BEGIN

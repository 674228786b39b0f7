-- ===== src/Config/Allowed.antt =====
-- src/config.rs: which networks a configuration allows recursion to.
use ironbind.Prelude.{
  ◌≡◌, ◌⊎◌, refl, sym, ap, Option, none, some, List, [], ◌∷◌, Result, ok, err, map, Option-cases,
  Result-cases, inl, inr,
}
use mathlib.Core.Path.{subst}
use ironbind.Prelude.Text.{codes}
use ironbind.Prelude.Chars.{Chars}
use ironbind.Config.Network.{Network, parse_network}
use ironbind.Config.Toml.{
  Toml, TomlVal, Read, value, nothing, panic, parse_str, get_value, get_array, array_of,
}
use ironbind.Config.Load.{
  ServerConfig, LoadError, invalid_network, panics, server_section, default_allow_recursion,
  parse_all, parse_networks, allowed_networks, configure, load_toml, load,
}

abbrev NetworksOf : List Chars → Result (List Network) LoadError → Type 0
NetworksOf ss (err e) = Unit
NetworksOf ss (ok ns) = map parse_network ss ≡ map some ns

parse_networks-NetworksOf : (ss : List Chars) → NetworksOf ss (parse_networks ss)
unfolding parse_networks
parse_networks-NetworksOf [] = refl
parse_networks-NetworksOf (s ∷ ss) = elim (Option-cases (parse_network s)) [
  | inl bad ↦
      let e : parse_networks (s ∷ ss) ≡ err (invalid_network s) = rw (parse_networks, bad) refl in
      subst (NetworksOf (s ∷ ss)) (sym e) _
  | inr (n, good) ↦ elim (Result-cases (parse_networks ss)) [
    | inr (x, failed) ↦
        let e : parse_networks (s ∷ ss) ≡ err x = rw (parse_networks, good, failed) refl in
        subst (NetworksOf (s ∷ ss)) (sym e) _
    | inl (ns, more) ↦
        let e : parse_networks (s ∷ ss) ≡ ok (n ∷ ns) = rw (parse_networks, good, more) refl in
        let ih = subst (NetworksOf ss) more (parse_networks-NetworksOf ss) in
        subst (NetworksOf (s ∷ ss)) (sym e) (rw good (ap (λ rs. some n ∷ rs) ih))
  ]
]

-- The networks that a value of `allow_recursion` stands for: where it is set, those of its entries,
-- one for each and in their order; else the default ones.
abbrev pub AllowsOnly : Option TomlVal → List Network → Type 0
AllowsOnly none ns = ns ≡ parse_all default_allow_recursion
AllowsOnly (some v) ns = map parse_network (array_of v) ≡ map some ns

abbrev AllowsOnlyOf : Option TomlVal → Result (List Network) LoadError → Type 0
AllowsOnlyOf v (err e) = Unit
AllowsOnlyOf v (ok ns) = AllowsOnly v ns

NetworksOf-AllowsOnlyOf :
    (v : TomlVal) (r : Result (List Network) LoadError)
    → NetworksOf (array_of v) r
    → AllowsOnlyOf (some v) r
NetworksOf-AllowsOnlyOf v (ok ns) h = h
NetworksOf-AllowsOnlyOf v (err e) h = _

allowed_networks-AllowsOnlyOf :
    (t : Toml)
    → AllowsOnlyOf
        (get_value t server_section (codes "allow_recursion"))
        (allowed_networks t (parse_all default_allow_recursion))
unfolding allowed_networks get_array
allowed_networks-AllowsOnlyOf t =
    elim (Option-cases (get_value t server_section (codes "allow_recursion"))) [
      | inl absent ↦
          let e : allowed_networks t (parse_all default_allow_recursion)
              ≡ ok (parse_all default_allow_recursion) =
            rw (allowed_networks, absent) refl in
          rw absent (subst (AllowsOnlyOf none) (sym e) refl)
      | inr (v, present) ↦
          let entries : get_array t server_section (codes "allow_recursion") ≡ array_of v =
            rw (get_array, present) refl in
          let e : allowed_networks t (parse_all default_allow_recursion)
              ≡ parse_networks (array_of v) =
            rw (allowed_networks, present) (ap parse_networks entries) in
          rw present (
            subst (AllowsOnlyOf (some v)) (sym e) (
              NetworksOf-AllowsOnlyOf v (parse_networks (array_of v))
                (parse_networks-NetworksOf (array_of v))))
    ]

abbrev Loaded : Chars → Result ServerConfig LoadError → Type 0
Loaded content (err e) = Unit
Loaded content (ok c) =
    (t : Toml) × (parse_str content ≡ value t)
    × AllowsOnly (get_value t server_section (codes "allow_recursion")) c.allow_recursion

load_toml-Loaded :
    (content : Chars) (t : Toml) → parse_str content ≡ value t → Loaded content (load_toml t)
unfolding load_toml configure
load_toml-Loaded content t h =
    elim (Result-cases (allowed_networks t (parse_all default_allow_recursion))) [
      | inr (x, failed) ↦
          let e : load_toml t ≡ err x = rw (load_toml, failed) refl in
          subst (Loaded content) (sym e) _
      | inl (ns, allowed) ↦
          let e : load_toml t ≡ ok (configure t ns) = rw (load_toml, allowed) refl in
          subst (Loaded content) (sym e) (
            t,
            h,
            subst (AllowsOnlyOf (get_value t server_section (codes "allow_recursion"))) allowed
                (allowed_networks-AllowsOnlyOf t),
          )
    ]

Read-cases : (r : Read Toml) → ((t : Toml) × (r ≡ value t)) ⊎ (r ≡ nothing) ⊎ (r ≡ panic)
Read-cases (value t) = inl (t, refl)
Read-cases nothing = inr (inl refl)
Read-cases panic = inr (inr refl)

load-Loaded : (content : Chars) → Loaded content (load (ok content))
unfolding load
load-Loaded content = elim (Read-cases (parse_str content)) [
  | inl (t, parsed) ↦
      let e : load (ok content) ≡ load_toml t = rw (load, parsed) refl in
      subst (Loaded content) (sym e) (load_toml-Loaded content t parsed)
  | inr (inl none_read) ↦
      let e : load (ok content) ≡ err panics = rw (load, none_read) refl in
      subst (Loaded content) (sym e) _
  | inr (inr panicked) ↦
      let e : load (ok content) ≡ err panics = rw (load, panicked) refl in
      subst (Loaded content) (sym e) _
]

-- Where a configuration loads from the text of its file, the networks that recursion is allowed to
-- are those of the entries of `allow_recursion`, one for each entry and in their order, so that no
-- entry failed to parse; where the file does not set it, they are the default ones.
pub load-AllowsOnly :
    (content : Chars) (c : ServerConfig)
    → load (ok content) ≡ ok c
    → (t : Toml) × (parse_str content ≡ value t)
      × AllowsOnly (get_value t server_section (codes "allow_recursion")) c.allow_recursion
load-AllowsOnly content c h = subst (Loaded content) h (load-Loaded content)
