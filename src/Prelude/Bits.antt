-- ===== src/Prelude/Bits.antt =====
-- Laws of `&` and `|` at every width, from their lowest binary digits.
use Prim.Native.Nat.{
  ℕ, zero, suc, ◌+◌, ◌*◌, ◌/◌, ◌%◌, ◌^◌, ◌≤◌, ◌<◌, min, max, bit_and, bit_or, digits,
  bit_and-bitwise, bit_or-bitwise,
}
use mathlib.Core.Path.{◌≡◌, refl, ap}
use native.Mathlib.Omega.{arith}
use native.Mathlib.Nat.{pow-suc}

-- The recursion on digits that both operations stand for, at any fuel that is enough.
module _ (base : ℕ → ℕ) (op : ℕ → ℕ → ℕ)
    (base_step : (b : ℕ) → base b ≡ base (b / 2) * 2 + op 0 (b % 2)) where
  digits_fuel : (n m a b : ℕ) → a ≤ n → a ≤ m → digits base op n a b ≡ digits base op m a b
  digits_fuel zero zero zero b p q = refl
  digits_fuel zero zero (suc a) b p q = elim p [ ]
  digits_fuel zero (suc m) zero b p q = refl
  digits_fuel zero (suc m) (suc a) b p q = elim p [ ]
  digits_fuel (suc n) zero zero b p q = refl
  digits_fuel (suc n) zero (suc a) b p q = elim q [ ]
  digits_fuel (suc n) (suc m) zero b p q = refl
  digits_fuel (suc n) (suc m) (suc a) b p q =
      omega (arith, digits_fuel n m (suc a / 2) (b / 2) (omega arith) (omega arith))

  digits_step :
      (a b : ℕ)
      → digits base op a a b ≡ digits base op (a / 2) (a / 2) (b / 2) * 2 + op (a % 2) (b % 2)
  digits_step zero b = base_step b
  digits_step (suc a) b =
      omega (arith, digits_fuel a (suc a / 2) (suc a / 2) (b / 2) (omega arith) (omega arith))

pub bit_and_step : (a b : ℕ) → bit_and a b ≡ bit_and (a / 2) (b / 2) * 2 + min (a % 2) (b % 2)
bit_and_step a b = omega (
  arith,
  bit_and-bitwise a b,
  bit_and-bitwise (a / 2) (b / 2),
  digits_step (λ b. zero) min (λ b. omega arith) a b,
)

pub bit_or_step : (a b : ℕ) → bit_or a b ≡ bit_or (a / 2) (b / 2) * 2 + max (a % 2) (b % 2)
bit_or_step a b = omega (
  arith,
  bit_or-bitwise a b,
  bit_or-bitwise (a / 2) (b / 2),
  digits_step (λ b. b) max (λ b. omega arith) a b,
)

half-and : (a b : ℕ) → bit_and a b / 2 ≡ bit_and (a / 2) (b / 2)
half-and a b = omega (arith, bit_and_step a b)

half-or : (a b : ℕ) → bit_or a b / 2 ≡ bit_or (a / 2) (b / 2)
half-or a b = omega (arith, bit_or_step a b)

and_assoc_fuel :
    (n a b c : ℕ) → a ≤ n → b ≤ n → c ≤ n → bit_and (bit_and a b) c ≡ bit_and a (bit_and b c)
and_assoc_fuel zero zero zero zero p q r = refl
and_assoc_fuel zero zero zero (suc c) p q r = elim r [ ]
and_assoc_fuel zero zero (suc b) c p q r = elim q [ ]
and_assoc_fuel zero (suc a) b c p q r = elim p [ ]
and_assoc_fuel (suc n) a b c p q r = ground (
  arith,
  bit_and_step (bit_and a b) c,
  bit_and_step a (bit_and b c),
  bit_and_step a b,
  bit_and_step b c,
  half-and a b,
  half-and b c,
  and_assoc_fuel n (a / 2) (b / 2) (c / 2) (omega arith) (omega arith) (omega arith),
)

pub bit_and_assoc : (a b c : ℕ) → bit_and (bit_and a b) c ≡ bit_and a (bit_and b c)
bit_and_assoc a b c = and_assoc_fuel (a + b + c) a b c (omega arith) (omega arith) (omega arith)

and_or_fuel :
    (n a b c : ℕ)
    → a ≤ n
    → b ≤ n
    → c ≤ n
    → bit_and (bit_or a b) c ≡ bit_or (bit_and a c) (bit_and b c)
and_or_fuel zero zero zero zero p q r = refl
and_or_fuel zero zero zero (suc c) p q r = elim r [ ]
and_or_fuel zero zero (suc b) c p q r = elim q [ ]
and_or_fuel zero (suc a) b c p q r = elim p [ ]
and_or_fuel (suc n) a b c p q r = ground (
  arith,
  bit_and_step (bit_or a b) c,
  bit_or_step (bit_and a c) (bit_and b c),
  bit_or_step a b,
  bit_and_step a c,
  bit_and_step b c,
  half-or a b,
  half-and a c,
  half-and b c,
  and_or_fuel n (a / 2) (b / 2) (c / 2) (omega arith) (omega arith) (omega arith),
)

pub bit_and-or : (a b c : ℕ) → bit_and (bit_or a b) c ≡ bit_or (bit_and a c) (bit_and b c)
bit_and-or a b c = and_or_fuel (a + b + c) a b c (omega arith) (omega arith) (omega arith)

or_zero_fuel : (n a : ℕ) → a ≤ n → bit_or a 0 ≡ a
or_zero_fuel zero zero p = refl
or_zero_fuel zero (suc a) p = elim p [ ]
or_zero_fuel (suc n) a p = ground (arith, bit_or_step a 0, or_zero_fuel n (a / 2) (omega arith))

pub bit_or-zero : (a : ℕ) → bit_or a 0 ≡ a
bit_or-zero a = or_zero_fuel a a (omega arith)

zero_or_fuel : (n a : ℕ) → a ≤ n → bit_or 0 a ≡ a
zero_or_fuel zero zero p = refl
zero_or_fuel zero (suc a) p = elim p [ ]
zero_or_fuel (suc n) a p = ground (arith, bit_or_step 0 a, zero_or_fuel n (a / 2) (omega arith))

pub zero-bit_or : (a : ℕ) → bit_or 0 a ≡ a
zero-bit_or a = zero_or_fuel a a (omega arith)

and_zero_fuel : (n a : ℕ) → a ≤ n → bit_and a 0 ≡ 0
and_zero_fuel zero zero p = refl
and_zero_fuel zero (suc a) p = elim p [ ]
and_zero_fuel (suc n) a p = ground (arith, bit_and_step a 0, and_zero_fuel n (a / 2) (omega arith))

pub bit_and-zero : (a : ℕ) → bit_and a 0 ≡ 0
bit_and-zero a = and_zero_fuel a a (omega arith)

and_le_fuel : (n a b : ℕ) → b ≤ n → bit_and a b ≤ b
and_le_fuel zero a zero p = omega (arith, bit_and-zero a)
and_le_fuel zero a (suc b) p = elim p [ ]
and_le_fuel (suc n) a b p =
    omega (arith, bit_and_step a b, and_le_fuel n (a / 2) (b / 2) (omega arith))

-- A mask bounds what it lets through.
pub bit_and-le : (a b : ℕ) → bit_and a b ≤ b
bit_and-le a b = and_le_fuel b a b (omega arith)

-- `(q << k) | r` is a sum when `r` fits `k` bits.
pub bit_or_shifted : (k q r : ℕ) → r < 2 ^ k → bit_or (q * 2 ^ k) r ≡ q * 2 ^ k + r
bit_or_shifted zero q r h = ground (arith, bit_or-zero q)
bit_or_shifted (suc k) q r h =
    let double : q * 2 ^ suc k ≡ 2 * (q * 2 ^ k) =
      omega (arith, ap (λ (t : ℕ). q * t) (pow-suc 2 k)) in
    ground (
      arith,
      bit_or_step (q * 2 ^ suc k) r,
      double,
      pow-suc 2 k,
      bit_or_shifted k q (r / 2) (omega arith),
    )

-- The low masks that the program uses: `& 0xF`, `& 0x3F`.
bit_and_one : (a : ℕ) → bit_and a 1 ≡ a % 2
bit_and_one a = omega (arith, bit_and_step a 1, bit_and-zero (a / 2))

bit_and_three : (a : ℕ) → bit_and a 3 ≡ a % 4
bit_and_three a = omega (arith, bit_and_step a 3, bit_and_one (a / 2))

pub bit_and_nibble : (a : ℕ) → bit_and a 0xf ≡ a % 16
bit_and_nibble a =
    omega (arith, bit_and_step a 15, bit_and_step (a / 2) 7, bit_and_three (a / 2 / 2))

pub bit_and_six : (a : ℕ) → bit_and a 0x3f ≡ a % 64
bit_and_six a =
    omega (arith, bit_and_step a 63, bit_and_step (a / 2) 31, bit_and_nibble (a / 2 / 2))
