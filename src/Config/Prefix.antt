-- ===== src/Config/Prefix.antt =====
-- src/config.rs: what `Network::contains` tests.
use ironbind.Prelude.{
  ℕ, zero, suc, ◌+◌, ◌-◌, ◌*◌, ◌/◌, ◌%◌, ◌^◌, ◌≤◌, ◌<◌, ◌≡◌, refl, ap, sym, ◌∙◌, ◌↔◌, true, false,
  arith, bit_and, ltb, ◌==◌, Bool-cases, inl, inr,
}
use ironbind.Prelude.Bits.{bit_and_step}
use native.Mathlib.Nat.{
  pow-suc, suc-mul, div-lt_iff_lt-mul, mod-lt, div-add-mod, eq_of_mul-eq-mul_right,
}
use ironbind.Config.Network.{IpAddr, v4, v6, Network, to_canonical, mask, same_prefix, contains}

and_ones : (p x : ℕ) → x < 2 ^ p → bit_and x (2 ^ p - 1) ≡ x
and_ones zero zero h = refl
and_ones zero (suc x) h = absurd (omega arith)
and_ones (suc p) x h =
    let half : (2 ^ suc p - 1) / 2 ≡ 2 ^ p - 1 = omega (arith, pow-suc 2 p) in
    let ih : bit_and (x / 2) ((2 ^ suc p - 1) / 2) ≡ x / 2 =
      rw half (and_ones p (x / 2) (omega (arith, pow-suc 2 p))) in
    omega (arith, bit_and_step x (2 ^ suc p - 1), pow-suc 2 p, ih)

-- `&` with a mask of the bits from `j` on keeps them and clears the others.
and_high :
    (j m x r : ℕ) → r < 2 ^ j → bit_and x m ≡ x → bit_and (x * 2 ^ j + r) (m * 2 ^ j) ≡ x * 2 ^ j
and_high zero m x zero h k =
    let a : x * 2 ^ 0 + 0 ≡ x = omega arith in
    let b : m * 2 ^ 0 ≡ m = omega arith in let c : x ≡ x * 2 ^ 0 = omega arith in rw (a, b) (k ∙ c)
and_high zero m x (suc r) h k = absurd (omega arith)
and_high (suc j) m x r h k =
    let dx : x * 2 ^ suc j ≡ 2 * (x * 2 ^ j) = omega (arith, ap (λ (t : ℕ). x * t) (pow-suc 2 j)) in
    let dm : m * 2 ^ suc j ≡ 2 * (m * 2 ^ j) = omega (arith, ap (λ (t : ℕ). m * t) (pow-suc 2 j)) in
    let a : (x * 2 ^ suc j + r) / 2 ≡ x * 2 ^ j + r / 2 = omega arith in
    let b : m * 2 ^ suc j / 2 ≡ m * 2 ^ j = omega arith in
    let ih : bit_and ((x * 2 ^ suc j + r) / 2) (m * 2 ^ suc j / 2) ≡ x * 2 ^ j =
      rw (a, b) (and_high j m x (r / 2) (omega (arith, pow-suc 2 j)) k) in
    omega (arith, bit_and_step (x * 2 ^ suc j + r) (m * 2 ^ suc j), ih)

pow_split : (p j : ℕ) → 2 ^ p * 2 ^ j ≡ 2 ^ (p + j)
pow_split zero j = let e : 0 + j ≡ j = omega arith in rw e (omega arith)
pow_split (suc p) j =
    let a : 2 ^ suc p * 2 ^ j ≡ 2 * (2 ^ p * 2 ^ j) =
      omega (arith, ap (λ (t : ℕ). t * 2 ^ j) (pow-suc 2 p)) in
    let b : suc p + j ≡ suc (p + j) = omega arith in
    rw b (omega (arith, a, pow_split p j, pow-suc 2 (p + j)))

pow_pos : (j : ℕ) → 0 < 2 ^ j
pow_pos zero = omega arith
pow_pos (suc j) = omega (arith, pow-suc 2 j, pow_pos j)

pred_mul : (x y : ℕ) → 0 < x → (x - 1) * y + y ≡ x * y
pred_mul zero y h = absurd (omega arith)
pred_mul (suc x) y h = let d : suc x - 1 ≡ x = omega arith in rw d (omega (arith, suc-mul x y))

wrapped32 : (p j : ℕ) → p + j ≡ 32 → (2 ^ 32 - 1) * 2 ^ j % 2 ^ 32 ≡ (2 ^ p - 1) * 2 ^ j
wrapped32 p j e =
    let all_bits : 2 ^ p * 2 ^ j ≡ 2 ^ 32 = omega (arith, pow_split p j, ap (λ (t : ℕ). 2 ^ t) e) in
    let less : (2 ^ p - 1) * 2 ^ j + 2 ^ j ≡ 2 ^ p * 2 ^ j = pred_mul (2 ^ p) (2 ^ j) (pow_pos p) in
    omega (arith, all_bits, less, pow_pos j)

wrapped128 : (p j : ℕ) → p + j ≡ 128 → (2 ^ 128 - 1) * 2 ^ j % 2 ^ 128 ≡ (2 ^ p - 1) * 2 ^ j
wrapped128 p j e =
    let all_bits : 2 ^ p * 2 ^ j ≡ 2 ^ 128 =
      omega (arith, pow_split p j, ap (λ (t : ℕ). 2 ^ t) e) in
    let less : (2 ^ p - 1) * 2 ^ j + 2 ^ j ≡ 2 ^ p * 2 ^ j = pred_mul (2 ^ p) (2 ^ j) (pow_pos p) in
    omega (arith, all_bits, less, pow_pos j)

-- The mask of a width whose wrapped shift is known.
mask_value :
    (w p : ℕ)
    → p ≤ w
    → ((j : ℕ) → p + j ≡ w → (2 ^ w - 1) * 2 ^ j % 2 ^ w ≡ (2 ^ p - 1) * 2 ^ j)
    → mask w p ≡ (2 ^ p - 1) * 2 ^ (w - p)
unfolding mask
mask_value w zero h wrapped =
    let e : w - 0 ≡ w = omega arith in
    let b : ltb w w ≡ false = ground arith in rw (e, b, mask) (omega arith)
mask_value w (suc p) h wrapped =
    let b : ltb (w - suc p) w ≡ true = ground arith in
    rw (b, mask) (wrapped (w - suc p) (omega arith))

-- `a & mask` is the network part of `a`.
masked :
    (w p a : ℕ)
    → p ≤ w
    → a < 2 ^ w
    → mask w p ≡ (2 ^ p - 1) * 2 ^ (w - p)
    → bit_and a (mask w p) ≡ a / 2 ^ (w - p) * 2 ^ (w - p)
masked w p a h fits value =
    let e : p + (w - p) ≡ w = omega arith in
    let all_bits : 2 ^ p * 2 ^ (w - p) ≡ 2 ^ w = rw (pow_split p (w - p), e) refl in
    let high : a / 2 ^ (w - p) < 2 ^ p =
      (div-lt_iff_lt-mul (pow_pos (w - p))).1 (rw all_bits fits) in
    let low : a % 2 ^ (w - p) < 2 ^ (w - p) = mod-lt a (pow_pos (w - p)) in
    let whole : a / 2 ^ (w - p) * 2 ^ (w - p) + a % 2 ^ (w - p) ≡ a =
      omega (arith, div-add-mod a (2 ^ (w - p))) in
    rw value (
      ap (λ (t : ℕ). bit_and t ((2 ^ p - 1) * 2 ^ (w - p))) (sym whole)
      ∙ and_high (w - p) (2 ^ p - 1) (a / 2 ^ (w - p)) (a % 2 ^ (w - p)) low
          (and_ones p (a / 2 ^ (w - p)) high))

same_bits :
    (w p a b : ℕ)
    → p ≤ w
    → a < 2 ^ w
    → b < 2 ^ w
    → mask w p ≡ (2 ^ p - 1) * 2 ^ (w - p)
    → ((bit_and a (mask w p) == bit_and b (mask w p)) ≡ true) ↔ (a / 2 ^ (w - p) ≡ b / 2 ^ (w - p))
same_bits w p a b h ha hb value =
    let ma = masked w p a h ha value in
    let mb = masked w p b h hb value in
    (
      λ e.
          let same : bit_and a (mask w p) ≡ bit_and b (mask w p) = ground arith in
          eq_of_mul-eq-mul_right (2 ^ (w - p)) (pow_pos (w - p)) (a / 2 ^ (w - p)) (b / 2 ^ (w - p))
            (sym ma ∙ same ∙ mb),
      λ e.
          let same : bit_and a (mask w p) ≡ bit_and b (mask w p) =
            ma ∙ ap (λ (t : ℕ). t * 2 ^ (w - p)) e ∙ sym mb in
          ground arith,
    )

-- An address fits its width, and a prefix the width of its address.
abbrev IsAddress : IpAddr → Type 0
IsAddress (v4 a) = a < 2 ^ 32
IsAddress (v6 a) = a < 2 ^ 128

abbrev IsPrefixOf : ℕ → IpAddr → Type 0
IsPrefixOf p (v4 a) = p ≤ 32
IsPrefixOf p (v6 a) = p ≤ 128

-- The same family, and the same number above the host part.
abbrev IsInNetwork : IpAddr → ℕ → IpAddr → Type 0
IsInNetwork (v4 a) p (v4 b) = a / 2 ^ (32 - p) ≡ b / 2 ^ (32 - p)
IsInNetwork (v4 a) p (v6 b) = ⊥
IsInNetwork (v6 a) p (v4 b) = ⊥
IsInNetwork (v6 a) p (v6 b) = a / 2 ^ (128 - p) ≡ b / 2 ^ (128 - p)

same_prefix_iff :
    (a : IpAddr) (p : ℕ) (b : IpAddr)
    → IsAddress a
    → IsPrefixOf p a
    → IsAddress b
    → (same_prefix a p b ≡ true) ↔ IsInNetwork a p b
same_prefix_iff (v4 a) p (v4 b) ha hp hb =
    same_bits 32 p a b hp ha hb (mask_value 32 p hp (wrapped32 p))
same_prefix_iff (v4 a) p (v6 b) ha hp hb = (λ e. absurd (ground arith), λ x. absurd x)
same_prefix_iff (v6 a) p (v4 b) ha hp hb = (λ e. absurd (ground arith), λ x. absurd x)
same_prefix_iff (v6 a) p (v6 b) ha hp hb =
    same_bits 128 p a b hp ha hb (mask_value 128 p hp (wrapped128 p))

to_canonical-IsAddress : (a : IpAddr) → IsAddress a → IsAddress (to_canonical a)
to_canonical-IsAddress (v4 a) h = h
to_canonical-IsAddress (v6 a) h = elim (Bool-cases (a / 2 ^ 32 == 0xffff)) [
  | inl e ↦ rw e (omega arith)
  | inr e ↦ rw e h
]

-- For addresses that fit their width and a prefix that fits its address: a network contains exactly
-- the addresses of its family that have its number above the host part, where an IPv4 address that
-- is mapped into IPv6 counts as an IPv4 address.
pub contains_iff :
    (n : Network) (ip : IpAddr)
    → IsAddress n.address
    → IsPrefixOf n.prefix n.address
    → IsAddress ip
    → (contains n ip ≡ true) ↔ IsInNetwork n.address n.prefix (to_canonical ip)
unfolding contains
contains_iff n ip ha hp hi =
    same_prefix_iff n.address n.prefix (to_canonical ip) ha hp (to_canonical-IsAddress ip hi)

END

== Problem to solve ==
Above are the entries. Quote exactly the lines from the one bearing "inl absent ↦" through the one bearing "subst (AllowsOnlyOf (some".

== Task output ==
      | inl absent ↦
          let e : allowed_networks t (parse_all default_allow_recursion)
              ≡ ok (parse_all default_allow_recursion) =
            rw (allowed_networks, absent) refl in
          rw absent (subst (AllowsOnlyOf none) (sym e) refl)
      | inr (v, present) ↦
          let entries : get_array t server_section (codes "allow_recursion") ≡ array_of v =
            rw (get_array, present) refl in
          let e : allowed_networks t (parse_all default_allow_recursion)
              ≡ parse_networks (array_of v) =
            rw (allowed_networks, present) (ap parse_networks entries) in
          rw present (
            subst (AllowsOnlyOf (some v)) (sym e) (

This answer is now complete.